The vast majority of babies can be repaired easily soon after birth with a surgery to connect the two ends of the esophagus, while a very few have a more difficult repair because the gap between the two ends is too wide to fix right away-- a condition called Long Gap. Some children struggle with scarring that requires frequent dilations throughout childhood, and many require a G-tube (a surgically inserted tube directly into the stomach from outside the abdomen) in order to eat for the early part of their lives, but most are eventually able to eat by mouth. There are other defects that frequently accompany EA, but the most common is called TEF, or TOF, where a tiny tube (fistula) has grown connecting the lungs and the digestive system. TEFs (the full name is tracheoesophageal fistula) are easily repaired, but like the surgery for EA it requires an open chest surgery called a thoracotomy. But I'm getting ahead of myself. As of March 7, 2011, what you read below is all we knew, and what we finally shared with our family and friends after two months of keeping this worry mostly private. The following paragraphs are assembled from bits and pieces of numerous emails and questions sent to me over that time of first discovering the issue with our unborn child. If you survive this rambling cut-and-pasted post and decide to jump into reading the more fluid story about Audrey's adventure, welcome and thank you for joining us on our journey. If you think you might be facing an EA diagnosis, please keep in mind that every EA child is different. They don't all fit perfectly into the textbook example categories, and no two journeys are exactly the same. Audrey is part of a tiny fraction of the hardest-to-correct type of this birth defect, whereas the majority of EA families deal with fewer long term issues than she. I encourage you to seek out the online parent support group, Bridging the Gap of EA/TEF, where I have found a lot of support and encouragement as we've traveled our path.
March 7, 2011:
Here is a general summary of what we know so far, assembled from emails to family over the past month:
- Baby looks super healthy in every possible way, except that they can't find her stomach. I know it sounds strange, even seemed a bit comical at first, but as ultrasound after ultrasound has continued to confound doctor after doctor, we've been slowly educated on how serious the situation can be. We've now seen three out of the four ultrasound specialists at the hospital. The MDs have spent a long time on the ultrasound, looking deep at a lot of things, and they even took the films to a medical conference to consult a national expert in GI fetal medicine. The good news is that there is absolutely nothing else they can find wrong with her, in any of her systems, meaning that it appears not to be part of another set of serious problems they sometimes see, although they are still watching her heart very closely because it is typical to have a heart defect alongside with this particular anomaly, but so far even that appears perfect. At first they thought her stomach might just be hiding somewhere, like on the other side of her abdomen, but the bigger she gets the less likely that appears.

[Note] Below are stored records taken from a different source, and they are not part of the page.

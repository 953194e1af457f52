-- ===== src/View.antt =====
-- What an automatic player is told: poker/game_models.py, GameState and PlayerInfo, and
-- PokerGame.get_llm_game_state of poker/game.py.
pub mod Data
pub mod State
pub mod RoundTrip
pub mod Hidden
mod Tests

- They said if it absolutely is not there, and if she has a sufficiently long esophagus, they can build her one surgically out of her own intestinal tissue after she is born.... I was excited to learn that she wouldn't be dependent on a donor baby; that would be so sad!
- We had another ultrasound on Monday afternoon February 28th, and the news was both good and bad. Her growth is perfect, her fluid levels are perfect, she's SUPER active, she is even practicing breathing with her little diaphragm which is a sure sign of a very healthy baby. The bad news is, her stomach is definitely not appearing in any of the scans. The doctors leveled with us finally on this, and said it means a number of things: first, that we are almost certainly needing to deliver in Salt Lake at the University hospital, it would be a scheduled induction with the possibility of emergency C-sec, and she is very probably headed for surgery. What makes this case so unique, in fact the only one the doctor has ever seen like this, is that every other possible thing they can inspect via ultrasound looks absolutely perfect. Symptoms like this usually accompany fairly predictable sets of physical issues, and the baby has none of them, no visible heart defect in particular, and no brain or nervous system problems they can perceive after copious inspection. Soft tissues that have no liquid in them are invisible to the machine, however, so they are only able to guess as to how she is getting fluid through her body, which is both a mysterious miracle-- and where the worst news comes in. We're in a waiting game, waiting until she gets bigger before they can see more, but because they don't know how she is getting liquids through her system, it could mean that there is something weird with her breathing system which would make her unable to survive outside the womb. Lungs are normally invisible, as are the trachea etc, so we are all literally in the dark. The MD said essentially, that at this point we just need to be prepared for anything, and particularly she stressed that she did not want to give us false hope, frankly that our baby might only be able to live for a couple of minutes after birth. Further, they don't know whether she would have enough of an esophagus to build off of surgically, and won't know pretty much until she is born. We've been processing this news, and working to have faith and trust in God's plan, whatever that is for her. We've felt your prayers and want to thank you with all of our hearts! Courage and strength are coming into us in waves, and we got a beautiful 3D photo from the ultrasound that shows her beautiful little face, her tiny fist rubbing her eyes, and cute unmistakably (our family) nose. :)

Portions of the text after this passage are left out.